Just like the author of that blog, I decided – already when I started this blog – that I would stay away from complaining. I wanted to blog about things I would want to remember and be reminded of later – and to spend my time thinking and writing about things that are worth thinking and writing about. Nevertheless, here I am, in that same sinkhole of complaining.

But unlike that guy, I do NOT want to return to “criticizing all that I think is crap”. On the contrary, I think it is time for betterment. I hereby resolve to stop complaining.

Last Thursday Ingrid was due for her 4-month immunisation. For some reason I was totally sure that Friday was the day, and only found out I was mistaken on Friday morning, when I wanted to check the exact time.

Today I was on my way to the Estonian embassy to get a passport for Ingrid. Halfway there I realised I had forgotten my own passport at home.

So while the acute sleep deprivation phase may be mostly over, long-term chronic sleep deprivation is definitely still here with me, with all its subtle ways of undermining me. My brain feels broken: I forget and misremember things.

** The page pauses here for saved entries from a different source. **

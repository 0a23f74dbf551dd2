-- ===== src/ActionItems.antt =====
-- Action items of a meeting: server/app/services/copilot/action_items.py. The rows of one meeting, in
-- their order. `lower` is `str.lower`.
pub mod Fresh
pub mod Live
pub mod Report
mod Tests
use corella.Prelude.{
  ℕ, Bool, true, false, not, ◌&&◌, ◌||◌, List, [], ◌∷◌, ◌++◌, if◌then◌else◌, any, keep, reject, map,
  Text, text_eq, strip, nonempty, contains,
}

pub data ActionItemSource : Type 0 where
  live report : ActionItemSource

abbrev pub is_live : ActionItemSource → Bool
is_live live = true
is_live report = false

-- `status` is OPEN in every row that is added here, and is left out.
pub record ActionItem : Type 0 where
  pub text : Text
  pub source : ActionItemSource

abbrev pub from_live : ActionItem → Bool
from_live i = is_live i.source

-- `lowered in e or e in lowered`
abbrev pub alike : Text → Text → Bool
alike lowered e = contains lowered e || contains e lowered

module _ (lower : Text → Text) where
  -- The texts that a loop over `texts` adds, where `existing` holds what was there before, lowered, and
  -- `like` says what is not to be added next to what.
  unfoldable pub new_texts : (Text → Text → Bool) → List Text → List Text → List Text
  new_texts like existing [] = []
  new_texts like existing (text ∷ texts) =
      let stripped = strip text in
      let lowered = lower stripped in
      let skipped = new_texts like existing texts in
      let added = new_texts like (lowered ∷ existing) texts in
      if nonempty stripped
      then if any (like lowered) existing then skipped else stripped ∷ added
      else skipped

  abbrev pub lowered_live : List ActionItem → List Text
  lowered_live items = map (λ i. lower i.text) (keep from_live items)

  unfoldable pub persist_new_action_items : List Text → List ActionItem → List ActionItem
  unfolding new_texts
  persist_new_action_items texts items =
      items
      ++ map (λ t. record { text = t; source = live }) (new_texts alike (lowered_live items) texts)

  unfoldable pub replace_report_action_items : List Text → List ActionItem → List ActionItem
  unfolding new_texts
  replace_report_action_items texts items =
      keep from_live items
      ++ map (λ t. record { text = t; source = report }) (new_texts text_eq [] texts)

unfoldable pub list_report_action_items : List ActionItem → List ActionItem
list_report_action_items items = reject from_live items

I cannot concentrate. I am short-tempered and irritable during the day. My immune system is messed up: I was actually really sick for several days, for the first time in at least 3 years.

I need at least 8 hours of sleep a day in order to feel rested and fully charged. In wintertime, with those long dark nights, slightly more. Now, of course, I’m nowhere near that.

A typical night can go something like this:

  • Go to bed at 10. Give Ingrid a last feed. She is done and sleeping by 10.20. I fall asleep a bit later, maybe 10.30.
  • Ingrid half-awake at 0.30. I try to get her back to sleep because if I feed her now she will be hungry twice more before it’s time to get up. Give up at 1 and feed. She falls asleep at 1.20. It takes me a while to go back to sleep since I’m now wide awake.
  • Ingrid wakes again at 3. Feed. So drowsy that both of us are asleep again within 10 minutes.
  • Ingrid starts making noises at 4 – probably because the previous feed was so short (since we both fell asleep halfway through). Feed again. Ingrid asleep 4.10; myself 4.20.
  • Ingrid starts shifting around and floating out of her sleep around 6. I manage to keep her almost-sleeping for another 30 minutes by gently rocking her now and again. At 6.30 she’s awake for real, kicking and wanting to play. I take her out to the living room, change the nappy, and let her spend a while on her own. I go back to bed and doze for 15 minutes, by which time she is bored – not crying, but making enough noise to wake me again. I move her to a new place and doze for another 10 minutes.
  • More noise from the living room at 7. Give up and get up.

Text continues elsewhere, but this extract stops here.